Dataset excerpts:
"""

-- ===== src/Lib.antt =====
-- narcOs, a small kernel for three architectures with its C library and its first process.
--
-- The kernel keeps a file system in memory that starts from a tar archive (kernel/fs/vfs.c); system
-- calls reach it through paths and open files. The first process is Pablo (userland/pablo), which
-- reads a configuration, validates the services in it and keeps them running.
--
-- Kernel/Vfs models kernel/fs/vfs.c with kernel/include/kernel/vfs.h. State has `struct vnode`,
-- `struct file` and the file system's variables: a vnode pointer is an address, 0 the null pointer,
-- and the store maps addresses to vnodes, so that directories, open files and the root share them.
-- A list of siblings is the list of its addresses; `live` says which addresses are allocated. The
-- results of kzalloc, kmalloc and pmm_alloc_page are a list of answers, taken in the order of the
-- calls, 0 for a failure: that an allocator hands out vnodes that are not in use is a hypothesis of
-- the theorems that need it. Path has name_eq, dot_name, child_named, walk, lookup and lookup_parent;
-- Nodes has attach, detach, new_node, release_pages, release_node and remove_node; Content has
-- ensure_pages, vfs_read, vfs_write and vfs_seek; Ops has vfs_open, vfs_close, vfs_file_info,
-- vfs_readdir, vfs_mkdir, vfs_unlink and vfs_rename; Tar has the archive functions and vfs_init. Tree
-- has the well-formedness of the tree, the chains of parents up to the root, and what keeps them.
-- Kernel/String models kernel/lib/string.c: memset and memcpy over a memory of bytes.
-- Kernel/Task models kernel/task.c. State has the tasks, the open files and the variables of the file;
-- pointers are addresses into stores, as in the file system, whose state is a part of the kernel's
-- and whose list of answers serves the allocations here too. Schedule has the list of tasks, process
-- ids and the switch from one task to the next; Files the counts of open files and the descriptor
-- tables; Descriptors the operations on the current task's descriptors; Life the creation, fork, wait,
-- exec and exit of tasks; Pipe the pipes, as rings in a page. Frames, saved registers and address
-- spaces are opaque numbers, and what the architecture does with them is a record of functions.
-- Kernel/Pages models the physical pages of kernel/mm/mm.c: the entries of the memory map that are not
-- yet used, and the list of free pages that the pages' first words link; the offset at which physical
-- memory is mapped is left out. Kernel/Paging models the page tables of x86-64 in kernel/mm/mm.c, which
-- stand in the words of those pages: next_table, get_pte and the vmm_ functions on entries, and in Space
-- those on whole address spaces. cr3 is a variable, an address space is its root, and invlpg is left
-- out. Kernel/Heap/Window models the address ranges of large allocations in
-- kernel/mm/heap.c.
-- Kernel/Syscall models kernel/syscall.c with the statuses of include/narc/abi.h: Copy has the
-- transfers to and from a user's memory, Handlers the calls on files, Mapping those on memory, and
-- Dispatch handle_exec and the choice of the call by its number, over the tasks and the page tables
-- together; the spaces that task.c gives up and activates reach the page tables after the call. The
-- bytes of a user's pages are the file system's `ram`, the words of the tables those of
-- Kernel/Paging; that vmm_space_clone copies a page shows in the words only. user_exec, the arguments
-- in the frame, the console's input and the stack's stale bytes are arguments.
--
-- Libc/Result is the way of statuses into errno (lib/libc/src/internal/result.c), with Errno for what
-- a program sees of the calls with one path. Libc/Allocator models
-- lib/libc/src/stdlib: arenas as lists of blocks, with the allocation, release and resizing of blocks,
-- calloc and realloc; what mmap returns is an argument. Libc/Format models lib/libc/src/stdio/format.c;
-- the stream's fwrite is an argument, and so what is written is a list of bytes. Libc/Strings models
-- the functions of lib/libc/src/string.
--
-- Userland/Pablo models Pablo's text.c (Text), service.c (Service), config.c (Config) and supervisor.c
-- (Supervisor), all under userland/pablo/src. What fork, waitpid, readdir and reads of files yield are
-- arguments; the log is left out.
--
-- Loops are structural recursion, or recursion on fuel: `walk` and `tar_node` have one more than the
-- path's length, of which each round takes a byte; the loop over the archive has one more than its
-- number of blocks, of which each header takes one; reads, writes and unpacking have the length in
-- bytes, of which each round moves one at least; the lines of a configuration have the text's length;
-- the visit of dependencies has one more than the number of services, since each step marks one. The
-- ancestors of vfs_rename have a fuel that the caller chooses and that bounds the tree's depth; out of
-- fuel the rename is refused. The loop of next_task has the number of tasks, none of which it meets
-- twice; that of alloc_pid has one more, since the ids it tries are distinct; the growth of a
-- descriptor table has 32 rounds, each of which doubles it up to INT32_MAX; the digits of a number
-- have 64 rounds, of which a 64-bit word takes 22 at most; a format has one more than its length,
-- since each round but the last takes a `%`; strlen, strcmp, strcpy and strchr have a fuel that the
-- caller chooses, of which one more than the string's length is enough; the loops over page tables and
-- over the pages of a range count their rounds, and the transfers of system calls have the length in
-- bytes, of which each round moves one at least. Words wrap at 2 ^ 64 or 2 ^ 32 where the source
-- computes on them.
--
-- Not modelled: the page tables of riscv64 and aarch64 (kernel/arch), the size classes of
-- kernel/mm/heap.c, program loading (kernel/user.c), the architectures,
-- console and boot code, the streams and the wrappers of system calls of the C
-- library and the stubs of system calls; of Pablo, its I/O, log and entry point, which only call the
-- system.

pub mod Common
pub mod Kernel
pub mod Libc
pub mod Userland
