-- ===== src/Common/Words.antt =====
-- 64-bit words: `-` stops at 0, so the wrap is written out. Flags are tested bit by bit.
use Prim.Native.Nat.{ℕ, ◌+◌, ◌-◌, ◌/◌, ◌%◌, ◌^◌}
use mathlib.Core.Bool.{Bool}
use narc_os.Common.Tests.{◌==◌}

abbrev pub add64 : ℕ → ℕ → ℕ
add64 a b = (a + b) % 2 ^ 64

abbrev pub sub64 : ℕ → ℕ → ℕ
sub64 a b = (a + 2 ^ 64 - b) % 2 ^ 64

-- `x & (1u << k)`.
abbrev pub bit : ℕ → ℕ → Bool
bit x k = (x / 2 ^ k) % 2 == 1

"""

Find the lines above that contain the word "whose" and copy each one.

Solution →
-- pointers are addresses into stores, as in the file system, whose state is a part of the kernel's
-- and whose list of answers serves the allocations here too. Schedule has the list of tasks, process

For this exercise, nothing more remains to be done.